When I told my husband that I wanted to take this trip across North Dakota to go see this National Park, he said "but we already saw the Badlands in South Dakota". I explained that I had read that these were "different", and that I had read that according to President Roosevelt, "they were like no where else, and that they had changed his life". That sounded beautiful to me, so I wanted to see them for myself.
The first day after arriving it threatened to rain, but that didn't stop me, I wanted to get out there and explore the Park, so off we went, lunch and camera in hand. The President wasn't wrong. Beautiful, and yes, very different from the Badlands in South Dakota! For one thing, so much more greener! That was my biggest surprise. Different colors too, where the ones in South Dakota seem to have more yellows, pinks and white, here there seems to have more grays & blues mixed in. They also seemed more rounded and less jagged than the ones in South Dakota. We also saw more animals here too. Besides the ever present prairie dogs and occasional bison, this time we lucked out and saw a few elk and some magnificent wild horses!
Nothing was left of Teddy Roosevelt's Ranch but his Maltese Cross Cabin, which they have moved to the Ranger Station along with some artifacts that were left behind, so they are on view. He only used the cabin for a year (1883-84) before he built the Elkhorn Ranch that he used until 1901 when he became President.
Another abandoned ranch in the Park is the Peaceful Valley Ranch (c1918). It was first operated as a dude ranch then later in 1936 the CCC took it over until 1947 when it was then used for Park Administration until 1959 when it was used as a horse riding concession until it closed in 1967. The sign said that the Park will begin to restore it for historical purposes. Nice look into the past...
This part of North Dakota lured another famous person besides Teddy Roosevelt here, a gentleman by the name of Marquis de Mores and his wife Medora. He so loved the area, in 1880 he built a 26 room summer house (hunting cabin to him - "Chateau" to the towns' people) and set upon starting a number of enterprises. His first, and biggest was running a beef-packing plant that included refrigerated railway cars, cattle and sheep ranching. He also added a stagecoach line...all before they failed and eventually he and his family returned to France.

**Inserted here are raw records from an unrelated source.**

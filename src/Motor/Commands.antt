-- ===== src/Motor/Commands.antt =====
-- The commands of the motor record: configure, move, moveVelocity, stop, setPosition and
-- setClosedLoop of TmlAxis. A target position is the number that the cast to `long` gives. The
-- parts between two takings of the lock follow each other without a poll in between.
pub mod Ready
use technosoft_tml_motor.Prelude.{
  ℕ, Bool, true, false, not, ◌&&◌, ◌||◌, Option, none, some, get_elem?, take, if◌then◌else◌,
  bytes_eq, codes,
}
use technosoft_tml_motor.Prelude.Int.{ℤ, pos}
use technosoft_tml_motor.Prelude.State.{State, ◌>>=◌, ◌>>◌, pure}
use technosoft_tml_motor.VarMap.{Name}
use technosoft_tml_motor.Motor.Calls.{Calls, mer}
use technosoft_tml_motor.Motor.Axis.{Axis, Params, Controller, Io, call, act, modify_axis, and_then}
use technosoft_tml_motor.Motor.Select.{bit_set, value_or_0, reinit_axis, select_axis}
use technosoft_tml_motor.Motor.Power.{power_on, power_off}
use technosoft_tml_motor.Motor.Decode.{homed_at_zero}
use technosoft_tml_motor.Api.Real.{Real}

-- The notes on an axis.
abbrev pub no_homing : Axis → Axis
no_homing a = record a { homing_active = false; stopping = false }

abbrev pub started : Axis → Axis
started a = record a { params = record (a.params) { is_done = false; is_moving = true } }

abbrev pub homing_started : Bool → Axis → Axis
homing_started forwards a = record a {
  homing_active = true;
  homing_move_seen = false;
  homing_toward_lsp = forwards;
  stopping = false;
  params = record (a.params) { is_done = false; is_moving = true; homed = false };
}

abbrev pub stopped : Axis → Axis
stopped a = record a {
  homing_active = false;
  stopping = true;
  params = record (a.params) { is_done = true; is_moving = false };
}

unfoldable pub configured_as : ℕ → Name → Name → Bool → Bool → ℤ → Axis → Axis
configured_as axis_id setup_file homing_switch ignore_lsp ignore_lsn scr_value a = record a {
  axis_id = axis_id;
  setup_file = take 511 setup_file;
  ignore_lsp = ignore_lsp;
  ignore_lsn = ignore_lsn;
  scr_value = scr_value;
  use_lsp = bytes_eq homing_switch (codes "LSP") || bytes_eq homing_switch (codes "lsp");
  configured = true;
}

abbrev pub configured_offline : Axis → Axis
configured_offline a = record a {
  activated = false;
  needs_reinit = true;
  countdown = 0;
  backoff = 1;
  params = record (a.params) {
    active = false;
    comms_error = true;
    fault_text = codes "Channel not connected";
  };
}

abbrev pub configured_online : Axis → Axis
configured_online a = record a {
  activated = true;
  needs_reinit = false;
  params = record (a.params) { active = true };
}

abbrev pub not_responding : Axis → Axis
not_responding a = record a {
  activated = false;
  needs_reinit = true;
  params = record (a.params) {
    active = false;
    fault_text = codes "Drive not responding — will retry";
  };
}

module _ (F : Real) (C : Calls F.R) where
  -- A command on the axis `i`: it needs to be configured.
  abbrev pub on_axis : (Axis → Io C Bool) → Option Axis → Io C Bool
  on_axis f none g = (false, g)
  on_axis f (some a) g = if a.configured then f a g else (false, g)

  unfoldable pub init_configured : ℕ → Axis → Option ℕ → Io C Bool
  unfolding reinit_axis
  init_configured i a none = modify_axis C i configured_offline >> pure true
  init_configured i a (some fd) = do
    call C (C.select_channel fd)
    ok ← reinit_axis C i a
    if ok
        then modify_axis C i configured_online >> pure true
        else modify_axis C i not_responding >> pure true

  unfoldable pub configure_of : ℕ → (Axis → Axis) → Option Axis → Io C Bool
  unfolding init_configured
  configure_of i set none g = (false, g)
  configure_of i set (some a) g = (do modify_axis C i set; init_configured i (set a) g.channel_fd) g

  -- `configAxis` and `configure`.
  unfoldable pub configure : ℕ → ℕ → Name → Name → Bool → Bool → ℤ → Io C Bool
  unfolding configure_of configured_as
  configure i axis_id setup_file homing_switch ignore_lsp ignore_lsn scr_value g =
      configure_of i
        (configured_as axis_id setup_file homing_switch ignore_lsp ignore_lsn scr_value)
        (get_elem? g.axes i) g

  -- What a motion command does before its move: select, power on, and disarm the limit events.
  unfoldable pub prepare : ℕ → Io C Bool
  unfolding select_axis power_on
  prepare i = and_then C (select_axis C i) (power_on C i)

  unfoldable pub started_move : ℕ → Bool → Io C Bool
  started_move i false = pure false
  started_move i true = do call C C.set_event_on_motion_complete; modify_axis C i started; pure true

  unfoldable pub run_move : ℕ → Bool → ℤ → F.R → F.R → Io C Bool
  unfolding started_move
  run_move i relative position velocity acceleration = do
    modify_axis C i no_homing
    act C C.clear_limit_switch_event
    ok ← call C (
        if relative
        then C.move_relative position velocity acceleration
        else C.move_absolute position velocity acceleration)
    started_move i ok

  unfoldable pub move : ℕ → Bool → ℤ → F.R → F.R → Io C Bool
  unfolding prepare run_move
  move i relative position velocity acceleration g =
      on_axis (λ a. and_then C (prepare i) (run_move i relative position velocity acceleration))
        (get_elem? g.axes i) g

  unfoldable pub run_jog : ℕ → F.R → F.R → Io C Bool
  run_jog i velocity acceleration = do
    modify_axis C i no_homing
    act C C.clear_limit_switch_event
    ok ← call C (C.move_velocity velocity acceleration)
    if ok then modify_axis C i started >> pure true else pure false

  unfoldable pub move_velocity : ℕ → F.R → F.R → Io C Bool
  unfolding prepare run_jog
  move_velocity i velocity acceleration g =
      on_axis (λ a. and_then C (prepare i) (run_jog i velocity acceleration)) (get_elem? g.axes i) g

  unfoldable pub clear_if : Bool → Io C (Unit {0})
  clear_if b = act C (λ s. if b then C.clear_limit_switch_event s else s)

  -- `stop`: the results of selectAxis and of TS_ABORT are not looked at.
  unfoldable pub stop : ℕ → Io C Bool
  unfolding select_axis clear_if
  stop i g =
      on_axis
        (λ a. do
          select_axis C i
          call C C.abort
          clear_if a.homing_active
          modify_axis C i stopped
          pure true)
        (get_elem? g.axes i) g

  unfoldable pub set_position : ℕ → ℤ → Io C Bool
  unfolding select_axis
  set_position i position g =
      on_axis (λ a. and_then C (select_axis C i) (call C (C.set_position position)))
        (get_elem? g.axes i) g

  unfoldable pub set_closed_loop : ℕ → Bool → Io C Bool
  unfolding power_on power_off
  set_closed_loop i closed g =
      on_axis (λ a. if closed then power_on C i else power_off C i) (get_elem? g.axes i) g
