-- ===== src/Motor/Select/Ready.antt =====
-- Setups and delays of the axes, and the parts of selectAxis and ensureChannel that mark axes or leave
-- them alone.
use technosoft_tml_motor.Prelude.{
  ℕ, zero, suc, ◌≤◌, ◌≡◌, refl, arith, ap, ◌∙◌, Bool, true, false, ◌&&◌, bytes_eq, ◌||◌, Option,
  none, some, List, [], ◌∷◌, All, if◌then◌else◌, if_cases, ltb, codes,
}
use technosoft_tml_motor.Prelude.State.{pure}
use technosoft_tml_motor.Motor.Calls.{Calls, mer}
use technosoft_tml_motor.Motor.Axis.{
  Axis, mark_lost, mark_inactive, mark_all, mark_others, mark_all_inactive, update_at, Controller,
  Io, call, act, and_then,
}
use technosoft_tml_motor.VarMap.{Name}
use technosoft_tml_motor.Motor.Status.{publish_all, current_message, is_state, set_conn_status}
use technosoft_tml_motor.Motor.Select.{
  is_nonzero, write_scr, disable_limits, after_init, set_up, select_retry,
}

-- An axis in use that waits for no reinitialisation has a loaded setup.
abbrev pub Loaded : Axis → Type 0
Loaded a = a.configured ≡ true → a.needs_reinit ≡ false → (idx : ℕ) × (a.setup_idx ≡ some idx)

-- The next reinitialisation is at most 30 polls away, and so is the one after it.
abbrev pub Paced : Axis → Type 0
Paced a = (a.countdown ≤ 30) × (a.backoff ≤ 30)

abbrev pub Ready : Axis → Type 0
Ready a = Loaded a × Paced a

-- Where a setup is to be done anew, nothing is asked of the old one.
pub Ready-to_do : (a : Axis) → a.needs_reinit ≡ true → Paced a → Ready a
Ready-to_do a to_do p = ((λ _ bad. absurd (cc (bad, to_do))), p)

pub All-update_at :
    (P : Axis → Type 0) (f : Axis → Axis) (xs : List Axis) (i : ℕ)
    → ((a : Axis) → P a → P (f a))
    → All P xs
    → All P (update_at xs i f)
All-update_at P f [] i h all = all
All-update_at P f (x ∷ xs) zero h all = (h x all.0, all.1)
All-update_at P f (x ∷ xs) (suc i) h all = (all.0, All-update_at P f xs i h all.1)

pub update_at_twice :
    (f h : Axis → Axis) (xs : List Axis) (i : ℕ)
    → update_at (update_at xs i f) i h ≡ update_at xs i (λ a. h (f a))
update_at_twice f h [] i = refl
update_at_twice f h (x ∷ xs) zero = refl
update_at_twice f h (x ∷ xs) (suc i) = ap (◌∷◌ x) (update_at_twice f h xs i)

mark_lost-Ready : (a : Axis) → Ready a → Ready (mark_lost a)
unfolding mark_lost
mark_lost-Ready a h =
    if_cases Ready a.configured _ a (λ e. ((λ c bad. absurd (cc bad)), (omega arith, omega arith)))
      (λ _. h)

mark_inactive-Ready : (a : Axis) → Ready a → Ready (mark_inactive a)
unfolding mark_inactive mark_lost
mark_inactive-Ready a h = if_cases Ready a.configured _ a (λ _. mark_lost-Ready a h) (λ _. h)

pub mark_all-Ready : (xs : List Axis) → All Ready xs → All Ready (mark_all xs)
mark_all-Ready [] h = h
mark_all-Ready (x ∷ xs) h = (mark_lost-Ready x h.0, mark_all-Ready xs h.1)

mark_all_inactive-Ready : (xs : List Axis) → All Ready xs → All Ready (mark_all_inactive xs)
mark_all_inactive-Ready [] h = h
mark_all_inactive-Ready (x ∷ xs) h = (mark_inactive-Ready x h.0, mark_all_inactive-Ready xs h.1)

pub mark_others-Ready : (i : ℕ) (xs : List Axis) → All Ready xs → All Ready (mark_others i xs)
mark_others-Ready i [] h = h
mark_others-Ready zero (x ∷ xs) h = (h.0, mark_all_inactive-Ready xs h.1)
mark_others-Ready (suc i) (x ∷ xs) h = (mark_inactive-Ready x h.0, mark_others-Ready i xs h.1)

publish_all-Ready :
    (ok : Bool) (msg : Name) (xs : List Axis) → All Ready xs → All Ready (publish_all ok msg xs)
publish_all-Ready ok msg [] h = h
publish_all-Ready ok msg (x ∷ xs) h = (h.0, publish_all-Ready ok msg xs h.1)

module _ {R : Type 0} (C : Calls R) where
  -- The computation leaves the axes alone.
  abbrev pub Keeps : {A : Type 0} → Io C A → Type 0
  Keeps m = (g : Controller C) → (m g).1.axes ≡ g.axes

  abbrev pub Readies : {A : Type 0} → Io C A → Type 0
  Readies m = (g : Controller C) → All Ready g.axes → All Ready (m g).1.axes

  and_then-Keeps : (m k : Io C Bool) → Keeps m → Keeps k → Keeps (and_then C m k)
  and_then-Keeps m k hm hk g =
      let (ok, g') = m g in
      if_cases (λ (r : Bool × Controller C). r.1.axes ≡ g.axes) ok (k g') (false, g')
        (λ _. hk g' ∙ hm g) (λ _. hm g)

  pub and_then-Readies : (m k : Io C Bool) → Readies m → Readies k → Readies (and_then C m k)
  and_then-Readies m k hm hk g h =
      let (ok, g') = m g in
      if_cases (λ (r : Bool × Controller C). All Ready r.1.axes) ok (k g') (false, g')
        (λ _. hk g' (hm g h)) (λ _. hm g h)

  pub set_conn_status-Readies : (ok : Bool) (msg : Name) → Readies (set_conn_status C ok msg)
  unfolding set_conn_status
  set_conn_status-Readies ok msg g h =
      if_cases (λ (k : Controller C). All Ready k.axes)
        (is_state g.conn_ok ok && bytes_eq (current_message g.axes) msg) _ _ (λ _. h)
        (λ _. publish_all-Ready ok msg g.axes h)

  write_scr-Keeps : (a : Axis) → Keeps (write_scr C a)
  unfolding write_scr
  write_scr-Keeps a g =
      if_cases (λ (r : Unit {0} × Controller C). r.1.axes ≡ g.axes) (is_nonzero a.scr_value) _ _
        (λ _. refl) (λ _. refl)

  disable_limits-Keeps : (a : Axis) → Keeps (disable_limits C a)
  unfolding disable_limits
  disable_limits-Keeps a g =
      if_cases (λ (r : Unit {0} × Controller C). r.1.axes ≡ g.axes) (a.ignore_lsp || a.ignore_lsn) _
        _ (λ _. refl) (λ _. refl)

  after_init-Keeps : (a : Axis) → Keeps (after_init C a)
  unfolding after_init
  after_init-Keeps a g =
      let g₁ =
        (call C (C.get_int_variable (codes "MER_MASK")) (call C (C.read_status mer) g).1).1 in
      disable_limits-Keeps a (write_scr C a g₁).1 ∙ write_scr-Keeps a g₁

  pub set_up-Keeps : (a : Axis) (idx : Option ℕ) → Keeps (set_up C a idx)
  unfolding set_up
  set_up-Keeps a none g = refl
  set_up-Keeps a (some idx) g =
      let last : Io C Bool = and_then C (call C C.drive_initialisation) (after_init C a) in
      and_then-Keeps (call C (C.setup_axis a.axis_id idx))
        (and_then C (call C (C.select_axis a.axis_id)) last) (λ g. refl)
        (and_then-Keeps (call C (C.select_axis a.axis_id)) last (λ g. refl)
          (and_then-Keeps (call C C.drive_initialisation) (after_init C a) (λ g. refl)
            (after_init-Keeps a)))
        g

  -- Without an index the setup fails.
  pub set_up-needs_idx :
      (a : Axis) (idx : Option ℕ) (g : Controller C)
      → (set_up C a idx g).0 ≡ true
      → (k : ℕ) × (idx ≡ some k)
  unfolding set_up
  set_up-needs_idx a none g e = absurd (cc e)
  set_up-needs_idx a (some k) g e = (k, refl)

  pub select_retry-Keeps : (left fd : ℕ) → Keeps (select_retry C left fd)
  unfolding select_retry
  select_retry-Keeps zero fd g = refl
  select_retry-Keeps (suc left) fd g =
      let (ok, g₁) = call C (C.select_channel fd) g in
      if_cases (λ (m : Io C Bool). (m g₁).1.axes ≡ g.axes) ok (pure true) _ (λ _. refl)
        (λ _. select_retry-Keeps left fd (act C (λ s. if ltb 0 left then C.sleep 50 s else s) g₁).1)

His home and furnishings are on display along with several other items, but only the 84' tall chimney and a few bricks are left of the beef-packing plant. He was ahead of his time I'm afraid. He and his wife were quite a pair though, it would have been quite something to have met them I bet! Can you just imagine a dinner with them and Teddy Roosevelt, what conversation that would have been?
Medora doesn't stop with those attractions (nor the tons of gift shops in town!). They have a wonderful musical that they put on at their Burning Hills Amphitheatre. You can add dinner to you evening as well...which we did. They have two buffets to choose from, Jack chose the chicken/ribs/roast, while I went for the "Pitchfork Steak Fondue"! Wow! It was worth it just to watch them stick those suckers in the large vats and cook them! Of course it comes with a ton of other stuff so that you ache when you walk out of there and over to the Burning Hills Amphitheatre.
The Medora Musical is about two hours and was top quality. It had 6 gals and 6 guys and a young man, Chet Wollan, who was the host/singer/dancer, that had made his first debut with the show at 4 years old. It is his first year as host, but you sure could see his love of the show and his talent! The previous host, who had been with the show for many years, had recently past away. They change the theme each year, and this year's was a little bit about him, and a lot about our National Parks. It even had a spot where they brought all the children up on stage and had them take an oath to help continue the Parks (and gave each one a button). Very cute. It was a truly a very entertaining evening.
We only stayed three days in Medora as we have a tight schedule to meet up with some friends. One more day and we would have driven up to the north end of the Park...that takes a full day. It's hard to tell if it's much different from the south end from the map. Something for another time...
For now, I'm so glad we made the trip! Goodbye North Dakota...and thank you President Roosevelt!
...on the road to Montana, Marie
If you wish to view the rest of the photos from this trip, you can at my Flickr account at: http://www.flickr.com/photos/74905158@N04/
Too bad you didn't have the time for the North Unit of TRNP. It is different than the South Unit. Some badlands, petrified wood, views of the Little Missouri, and lots of bison. Herds occasionally wander through the campground. US 2 is an interesting route to Glacier if that's where you are headed. Safe travels.